新型コロナの影響で減速するパワー半導体市場
英国のハイテク市場動向調査会社であるOmdiaは、2020年のパワー半導体の市場規模について、3月発表の数値を引き下げ、前年比6.9%減の431億ドルになるとの予想を発表した。新型コロナウイルスの感染拡大により、スマートフォン(スマホ)や車載電子機器というパワー半導体にとって主要製品市場からの需要が減少しているためであるという。
同社が指すパワー半導体市場とはパワー集積回路(IC)、パワーディスクリート、パワーモジュールの3種類のセグメントで構成されており、このうちディスクリートおよびモジュール市場については、従来予測のほぼ横ばい程度から、ディスクリートが同10.7%減、モジュールが同10.3%減へと大きく落ち込むとの予測となっている。
またパワーIC市場も同3.9%減の234億ドルとの予想で、2年連続マイナス成長という稀有な事態となるとしている。現状、パワーIC最大の消費市場はスマホを中心としたワイヤレス市場であり、Omdiaでは新型コロナウイルスの感染拡大前には、ワイヤレス市場について同3.4%増の成長を予想していたが、新型コロナウイルスの影響が明らかとなったことから、これを同9.6%減へと下方修正した。
この落ち込み方についてOmdiaのパワー半導体担当シニアアナリストであるKevin Anderson氏は「サプライチェーンの中断、店舗の閉鎖、在宅命令、失業、および新モデルの発売遅延などが重なったことで、ワイヤレス市場そのものが縮小してしまった。スマホの出荷台数そのものが減少したことは要因であるが、そうした中、スマホメーカー各社はパワーICの搭載数が比較的少ないミッドレンジ製品の提供を中心に行っているため、パワー半導体の利用が落ち込みがちになっている」としている。

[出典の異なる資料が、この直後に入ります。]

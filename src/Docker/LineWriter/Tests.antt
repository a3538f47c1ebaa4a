-- ===== src/Docker/LineWriter/Tests.antt =====
-- The line writer with a small limit.
use docker_monitor.Docker.LineWriter.{
  LineHandler, LineWriter, Outcome, finish_line, reset, truncated_suffix, write,
}
use docker_monitor.Docker.LineWriter.Feed.{feed}
use docker_monitor.Docker.LineWriter.Lines.{
  and_then, holding, write-append, write_limit, write_line,
}
use docker_monitor.Docker.LineWriter.Refine.{write-feed}
use docker_monitor.Model.{Time}
use docker_monitor.Prelude.{List, Option, [], arith, false, inr, none, refl, true, ◌++◌, ◌∷◌, ◌≡◌}
use docker_monitor.Prelude.Bytes.{Bytes, is_empty, text}
use docker_monitor.Prelude.Bytes.Index.{Lacks, index_byte}
use docker_monitor.Prelude.Bytes.Space.{trim_right_byte, trim_space}

abbrev no_time : Bytes → Option Time
no_time s = none

abbrev keep : LineHandler (List Bytes)
keep raw s = ([], s ++ raw.line ∷ [])

abbrev fresh : LineWriter
fresh = record {
  container = record { id = []; name = [] };
  stream = text "stdout";
  buffer = [];
  truncated = false;
}

abbrev lines_of : Outcome (List Bytes) → List Bytes
lines_of r = r.1.1

two_lines :
    lines_of (write no_time keep 8 (text "one\r\n\ntwo\nre") fresh [])
    ≡ text "one" ∷ text "two" ∷ []
unfolding write trim_space trim_right_byte index_byte is_empty
two_lines = refl

cut_line :
    lines_of (write no_time keep 4 (text "onetwo\nx\n") fresh [])
    ≡ (text "onet" ++ truncated_suffix) ∷ text "x" ∷ []
unfolding write trim_space trim_right_byte index_byte is_empty
cut_line = refl

write-feed_example :
    write no_time keep 4 (text "onetwo\n") fresh [] ≡ feed no_time keep 4 (text "onetwo\n") fresh []
write-feed_example =
    write-feed no_time keep 4 (omega arith) (text "onetwo\n") fresh [] (inr (omega arith))

Lacks-newline : Lacks b'\n' (text "one")
Lacks-newline = (refl, (refl, (refl, tt)))

write_line_example :
    write no_time keep 4 (text "one" ++ (b'\n' ∷ text "x")) (reset fresh) []
    ≡ finish_line no_time keep
        (record (holding 4 fresh (text "one")) { truncated = false })
        false
        (write no_time keep 4 (text "x"))
        []
write_line_example =
    write_line no_time keep 4 (omega arith) (text "one") (text "x") fresh [] Lacks-newline

write_limit_example :
    and_then
      (write no_time keep 3 (text "one") (reset fresh) [])
      (write no_time keep 3 (b'\n' ∷ []))
    ≡ finish_line no_time keep
        (record (holding 3 fresh (text "one")) { truncated = true })
        true
        (write no_time keep 3 [])
        []
write_limit_example =
    write_limit no_time keep 3 (omega arith) (text "one") fresh [] Lacks-newline refl

write-append_example :
    write no_time keep 4 (text "on" ++ text "e\ntwo") fresh []
    ≡ and_then (write no_time keep 4 (text "on") fresh []) (write no_time keep 4 (text "e\ntwo"))
unfolding write index_byte
write-append_example =
    write-append no_time keep 4 (omega arith) (text "on") (text "e\ntwo") fresh []
      (inr (omega arith)) (inr (omega arith))
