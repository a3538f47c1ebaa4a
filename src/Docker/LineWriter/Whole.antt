-- ===== src/Docker/LineWriter/Whole.antt =====
-- internal/docker/logs.go: Write of one whole line, and Flush after it.
use docker_monitor.Docker.LineWriter.{
  LineHandler, LineWriter, Outcome, emit_line, finish_line, flush, reset, write, write_loop,
}
use docker_monitor.Docker.LineWriter.Lines.{write_line}
use docker_monitor.Model.{Errors, Time}
use docker_monitor.Prelude.{
  Bool, Option, [], ap, arith, false, length, ltb, refl, take, take_all, ℕ, ◌++◌, ◌<◌, ◌∙◌, ◌∷◌,
  ◌≡◌, ◌≤◌,
}
use docker_monitor.Prelude.Bytes.{Bytes, is_empty}
use docker_monitor.Prelude.Bytes.Index.{Lacks}
use docker_monitor.Prelude.Bytes.Space.{trim_right_byte, trim_space}

module _ {S : Type 0} (parse_time : Bytes → Option Time) (handler : LineHandler S) (limit : ℕ)
    (positive : 0 < limit) where
  -- What a write of a line leaves, after the handler has answered: where it returned an error, the line
  -- is still in the buffer.
  abbrev pub after_emit : LineWriter → Bytes → Errors × S → Outcome S
  after_emit w line ([], s) = ([], (reset w, s))
  after_emit w line (x ∷ xs, s) = (x ∷ xs, (record w { buffer = line; truncated = false }, s))

  write_nil :
      (w : LineWriter) (s : S) → write parse_time handler limit [] (reset w) s ≡ ([], (reset w, s))
  unfolding write write_loop
  write_nil w s = refl

  answered :
      (line : Bytes) (w : LineWriter) (r : Errors × S)
      → (elim r.0 [
        | [] ↦ write parse_time handler limit [] (reset w) r.1
        | x ∷ xs ↦ (x ∷ xs, (record w { buffer = line; truncated = false }, r.1))
      ])
        ≡ after_emit w line r
  answered line w ([], s) = write_nil w s
  answered line w (x ∷ xs, s) = refl

  pub write_whole :
      (line : Bytes) (w : LineWriter) (s : S)
      → Lacks b'\n' line
      → length line ≤ limit
      → write parse_time handler limit (line ++ (b'\n' ∷ [])) (reset w) s
        ≡ after_emit w line (emit_line parse_time handler w (trim_right_byte b'\r' line) false s)
  unfolding emit_line
  write_whole line w s lacks fits =
      let no_cut : ltb limit (length line) ≡ false = ground (arith, fits) in
      let finish : Bytes → Bool → Outcome S = λ x t.
        finish_line parse_time handler (record w { buffer = x; truncated = t }) t
          (write parse_time handler limit []) s in
      write_line parse_time handler limit positive line [] w s lacks
      ∙ ap (finish (take limit line)) no_cut
      ∙ ap (λ x. finish x false) (take_all limit line fits)
      ∙ answered line w (emit_line parse_time handler w (trim_right_byte b'\r' line) false s)

  -- Flush of a writer between lines, and of one whose handler has returned an error.
  pub flush-reset :
      (w : LineWriter) (s : S) → flush parse_time handler (reset w) s ≡ ([], (reset w, s))
  unfolding flush
  flush-reset w s = refl

  pub flush_held :
      (line : Bytes) (w : LineWriter) (s : S)
      → (flush parse_time handler (record w { buffer = line; truncated = false }) s).1.1
        ≡ (emit_line parse_time handler w (trim_right_byte b'\r' line) false s).1
  unfolding flush emit_line trim_right_byte trim_space is_empty
  flush_held [] w s = refl
  flush_held (c ∷ line) w s = refl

また、車載分野についても、自動車販売店の閉鎖、生産工場のラインの停止などもあり自動車そのものの販売も急減しており、2020年の自動車販売そのものが同2桁%の落ち込みとなる可能性があるとしており、パワーIC市場も同6%減となる見込みだとしている。
全体的に減速していくディスクリート
ディスクリートの詳細を見ると、2020年のマイナス成長予測は主に標準的なMOSFETパワートランジスタによるものと予想されているる。2020年のMOSFET市場は同16.5%減、金額にして約14億ドルの減少だという。MOSFET市場は2021年にやや回復すると見られているが、2024年までは2018年のレベルには戻らない見込みだとしている。
一方、バイポーラパワートランジスタは同15%減、IGBTパワートランジスタは同6.8%減と予想されているほか、整流器とサイリスタについては、1%未満の減少とほぼ横ばいの見込みとしている。
パワーモジュール市場の回復は2024年以降
パワーモジュール市場については、標準のIGBTパワーモジュールが同11.1%減、IGBT-IPMが同15.6%減、MOSFETモジュールが同11.9%減と予想されている。また、2021年に若干の回復が期待されるディスクリートとは対照的に、パワーモジュール市場は2021年も大きな回復は見せず、2022年、2023年ともにマイナス成長が続き、本格的な回復は2024年になると予測している。
パワー半導体の希望の星となるコンピューティング市場
OmdiaのシニアリサーチアナリストであるKevin Anderson氏は「コンピューティングおよびデータストレージセグメントは、パワーICにとって将来性のある明るい市場である。自宅退避、在宅勤務、オンライン教育の環境構築により、データセンター、ノートパソコン、そして外部ディスプレイやウェブカメラなどのアクセサリの需要が高まっている」と述べており、Omdiaは同セグメントのパワーICの売上高について、2020年に同2.6%増と予測している。
なお、Omdiaでは2020年の半ばまでに先進諸国で新型コロナウイルスの感染防止に関するさまざまな規制が徐々に緩和され、その後の新型コロナウイルスの感染拡大を管理可能であること、ならびに12か月以内にワクチンの開発が成功する、という前提であるが、2021年は消費者心理が戻り、自動車やテレビ、スマホなどの購入が進むことで、パワー半導体市場も堅調に回復するとの見方を示している。